- App icon
- Developer: EasyTech
- Publisher: EasyTech
- Platforms: Android, iOS, Microsoft Windows
- Release: August 24, 2017
- Genre: Turn-based strategy
- Mode: Single-player

= World Conqueror 4 =

2017 turn-based strategy video game

World Conqueror 4 is a turn-based strategy video game developed and published by EasyTech. It was first released for iOS on August 24, 2017, and was subsequently released for other mobile platforms and Microsoft Windows. It is the fourth installment in the World Conqueror series and primarily portrays military conflicts of the 20th century, particularly those of World War II.

In the game, players command military forces and make decisions concerning the movement and actions of their units during turn-based battles. The game features several modes, including Scenario, Conquest, Legion, and Domination. Players can also recruit historical military commanders, represented as generals with their own abilities and skills.

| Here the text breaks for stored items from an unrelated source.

-- ===== src/Bag/Writer/Times.antt =====
-- How the times of messages move through the writer and its chunks.
use mrp_robo_baton_4p_no_ros.Base.{◌+◌, ◌≤◌, ◌<◌, ◌^◌, ◌≡◌, refl, ◌↔◌, true, false, arith, min, max}
use mrp_robo_baton_4p_no_ros.Bag.Encode.{RosbagTime, nanoseconds_per_second}
use mrp_robo_baton_4p_no_ros.Bag.Writer.{
  Writer, ChunkInfo, time_before, time_to_ns, chunk_age_limit_reached, normalize_message_time,
  max_chunk_age_ns,
}
use mrp_robo_baton_4p_no_ros.Bag.Writer.Messages.{widen_chunk_times}

-- The fields are 32 bits, and the nanoseconds less than a second.
abbrev pub IsTime : RosbagTime → Type 0
IsTime t = (t.sec < 2 ^ 32) × (t.nsec < nanoseconds_per_second)

-- On such times the code's order is that of the nanoseconds, which never wrap.
time_before_iff :
    (a b : RosbagTime)
    → IsTime a
    → IsTime b
    → (time_before a b ≡ true) ↔ (time_to_ns a < time_to_ns b)
unfolding time_to_ns
time_before_iff a b ta tb = ground arith

-- The time a message is recorded with is its own, or the last one if there is one and it is later: the
-- later of the two, never another. The writer then holds it as the last, and no message is recorded
-- before an earlier one.
pub normalize_message_time-IsMonotone :
    (time : RosbagTime) (w : Writer)
    → IsTime time
    → IsTime w.last_message_time
    → (t : RosbagTime) × (u : Writer) × (normalize_message_time time w ≡ (t, u))
      × (u.has_last_message_time ≡ true)
      × (u.last_message_time ≡ t)
      × IsTime t
      × (time_to_ns time ≤ time_to_ns t)
      × ((w.has_last_message_time ≡ true) → time_to_ns w.last_message_time ≤ time_to_ns t)
      × ((w.has_last_message_time ≡ false) → t ≡ time)
      × ((time_to_ns w.last_message_time ≤ time_to_ns time) → t ≡ time)
      × ((w.has_last_message_time ≡ true)
          → time_to_ns time < time_to_ns w.last_message_time
          → t ≡ w.last_message_time)
unfolding normalize_message_time time_to_ns
normalize_message_time-IsMonotone time w h h' = (
  (normalize_message_time time w).0,
  (normalize_message_time time w).1,
  refl,
  ground arith,
  ground arith,
  ground arith,
  ground arith,
  ground arith,
  λ none_yet. ground arith,
  λ later. ground arith,
  λ seen earlier. ground arith,
)

-- A chunk's range grows by the least that holds the record.
pub widen_chunk_times_lem :
    (time : RosbagTime) (chunk : ChunkInfo)
    → IsTime time
    → IsTime chunk.start_time
    → IsTime chunk.end_time
    → time_to_ns chunk.start_time ≤ time_to_ns chunk.end_time
    → (time_to_ns (widen_chunk_times time chunk).start_time
        ≡ min (time_to_ns time) (time_to_ns chunk.start_time))
      × (time_to_ns (widen_chunk_times time chunk).end_time
          ≡ max (time_to_ns time) (time_to_ns chunk.end_time))
unfolding widen_chunk_times time_to_ns
widen_chunk_times_lem time chunk t s e h = (ground arith, ground arith)

-- A chunk is closed for its age exactly when its range spans a second or more.
pub chunk_age_limit_reached_iff :
    (a b : RosbagTime)
    → IsTime a
    → IsTime b
    → (chunk_age_limit_reached a b ≡ true) ↔ (time_to_ns a + max_chunk_age_ns ≤ time_to_ns b)
unfolding chunk_age_limit_reached time_to_ns
chunk_age_limit_reached_iff a b ta tb = ground arith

A version of the game for Nintendo Switch, titled World Conqueror X, was released in March 2018.

== Gameplay ==

Gameplay example showing the strategic map

=== Core gameplay ===

World Conqueror 4 is played on a grid-based strategic map where players command military units and complete objectives through turn-based movement and combat. The game includes different types of military units, including infantry, tanks, artillery, naval units, and aircraft. Players can capture cities and other locations, develop their forces, and make use of technological upgrades and other systems to improve their military capabilities.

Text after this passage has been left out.